Tobacco companies note that they are involved in policing child labour violations at estates where they have direct control, and that they subscribe to Good Agricultural Practices, whose first principle is "no child labour".

Their results in curbing the practice, however, have not been impressive.

Relying on British American Tobacco's own internal documents, the University of California study found that, "rather than actively and responsibly working to solve the problem of child labor in growing tobacco, the company acted to co-opt the issue to present themselves over as a 'socially responsible corporation' by releasing a policy statement claiming the company's commitment to end harmful child labor practices, holding a global child labor conference with trade unions and other key stakeholders, and contributing nominal sums of money for development projects largely unrelated to efforts to end child labor."

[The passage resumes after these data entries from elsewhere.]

-- ===== src/Identity/Replay.antt =====
-- internal/identity/discourseconnect.go: a nonce is accepted once while it is remembered.
use open_xai_connect.Base.{
  leb, nat_eqs, string_eqs, Option-cases, lookup, delete_if, lookup-insert, IsDistinct,
  insert-IsDistinct, delete_if-IsDistinct, lookup-delete_if, int_eqs, ok, ◌<◌, String, ◌≡◌, refl,
  ap, inl, inr, Bool, true, false, some, arith, eq_iff, subst,
}
use open_xai_connect.Domain.Application.{Time}
use open_xai_connect.Identity.Nonces.{NonceStore, new_memory_nonce_store, check_and_store}

-- The nonce is stored with its expiry, and no nonce is stored twice.
Remembers : String → Time → NonceStore → Type 0
Remembers nonce expires_at s = IsDistinct s × (lookup nonce s ≡ some expires_at)

-- Calls of the store, each with its own reading of the clock before `end`.
pub data Calls (end : Time) (s : NonceStore) : NonceStore → Type 0 where
  none_yet : Calls end s s
  then_one :
      {t : NonceStore} (nonce : String) (expires_at now : Time)
      → Calls end s t
      → now < end
      → Calls end s (check_and_store nonce expires_at now t).1

abbrev is_over : Time → Time → Bool
is_over now expiry = leb expiry now

abbrev swept : Time → NonceStore → NonceStore
swept now s = delete_if (is_over now) s

survives :
    (nonce : String) (end now : Time) (s : NonceStore)
    → now < end
    → IsDistinct s
    → lookup nonce s ≡ some end
    → lookup nonce (swept now s) ≡ some end
survives nonce end now s lt d e = ground (arith, lookup-delete_if (is_over now) nonce s d)

check_and_store-IsDistinct :
    (nonce : String) (expires_at now : Time) (s : NonceStore)
    → IsDistinct s
    → IsDistinct (check_and_store nonce expires_at now s).1
unfolding check_and_store
check_and_store-IsDistinct nonce expires_at now s d =
    let left = delete_if-IsDistinct (is_over now) s d in
    elim (Option-cases (lookup nonce (swept now s))) [
      | inl e ↦ rw (e, check_and_store) (insert-IsDistinct nonce expires_at (swept now s) left)
      | inr (x, e) ↦ rw (e, check_and_store) left
    ]

check_and_store-Remembers :
    (nonce other : String) (end expires_at now : Time) (s : NonceStore)
    → now < end
    → Remembers nonce end s
    → Remembers nonce end (check_and_store other expires_at now s).1
unfolding Remembers check_and_store
check_and_store-Remembers nonce other end expires_at now s lt (d, e) = (
  check_and_store-IsDistinct other expires_at now s d,
  (let still = survives nonce end now s lt d e in
      elim (Option-cases (lookup other (swept now s))) [
        | inl n ↦
            rw (n, check_and_store)
              (ground
                (arith, lookup-insert other nonce expires_at (swept now s), eq_iff other nonce))
        | inr (x, q) ↦ rw (q, check_and_store) still
      ]),
)

Calls-Remembers :
    (nonce : String) (end : Time) {s t : NonceStore}
    → Calls end s t
    → Remembers nonce end s
    → Remembers nonce end t
Calls-Remembers nonce end none_yet r = r
Calls-Remembers nonce end (then_one {t} other expires_at now calls lt) r =
    check_and_store-Remembers nonce other end expires_at now t lt
      (Calls-Remembers nonce end calls r)

Calls-IsDistinct : {end : Time} {s t : NonceStore} → Calls end s t → IsDistinct s → IsDistinct t
Calls-IsDistinct none_yet d = d
Calls-IsDistinct (then_one {t} nonce expires_at now calls lt) d =
    check_and_store-IsDistinct nonce expires_at now t (Calls-IsDistinct calls d)

refused_again :
    (nonce : String) (end expires_at now : Time) (s : NonceStore)
    → now < end
    → Remembers nonce end s
    → (check_and_store nonce expires_at now s).0 ≡ ok false
unfolding Remembers check_and_store
refused_again nonce end expires_at now s lt (d, e) =
    rw (survives nonce end now s lt d e, check_and_store) refl

accepted-Remembers :
    (nonce : String) (end now : Time) (s t : NonceStore)
    → IsDistinct s
    → check_and_store nonce end now s ≡ (ok true, t)
    → Remembers nonce end t
unfolding Remembers check_and_store
accepted-Remembers nonce end now s t d h = (
  subst IsDistinct (ap (λ r. r.1) h) (check_and_store-IsDistinct nonce end now s d),
  elim (Option-cases (lookup nonce (swept now s))) [
    | inl e ↦ ground (arith, lookup-insert nonce nonce end (swept now s), eq_iff nonce nonce)
    | inr (x, e) ↦ ground arith
  ],
)

-- Once a nonce was accepted with an expiry, it is refused until then: by every call whose reading of
-- the clock is before the expiry, if the calls in between read the clock before it too.
pub check_and_store-once :
    (nonce : String) (past end first later expires_at : Time) (s t u : NonceStore)
    → Calls past new_memory_nonce_store s
    → check_and_store nonce end first s ≡ (ok true, t)
    → Calls end t u
    → later < end
    → (check_and_store nonce expires_at later u).0 ≡ ok false
check_and_store-once nonce past end first later expires_at s t u before h between lt =
    refused_again nonce end expires_at later u lt (
      Calls-Remembers nonce end between
        (accepted-Remembers nonce end first s t (Calls-IsDistinct before tt) h))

International agencies are also involved. Kusali Kubwalo, communications officer for UNICEF Malawi, said the United Nations has joined Malawi's government and several non-governmental organisations to fight the problem from several fronts.

A national "Stop child abuse campaign" aims to break the silence shrouding all forms of child abuse, including child labour.

"The campaign aims to mobilise leadership and a commitment at all levels to prevent and respond to all forms of abuse", says Kubwalo. "Violations of children's rights take place every day in Malawi and are extensive, under-recognised and under-reported."

She insists that Malawi, as a signatory to the 1989 UN Convention on the Rights of the Child, is obligated to respect, protect, facilitate and promote the fulfilment of the rights it guarantees.

"This instrument must therefore be translated into concrete legislation, interventions and development programs", says Kubwalo. "Ratification alone is not enough."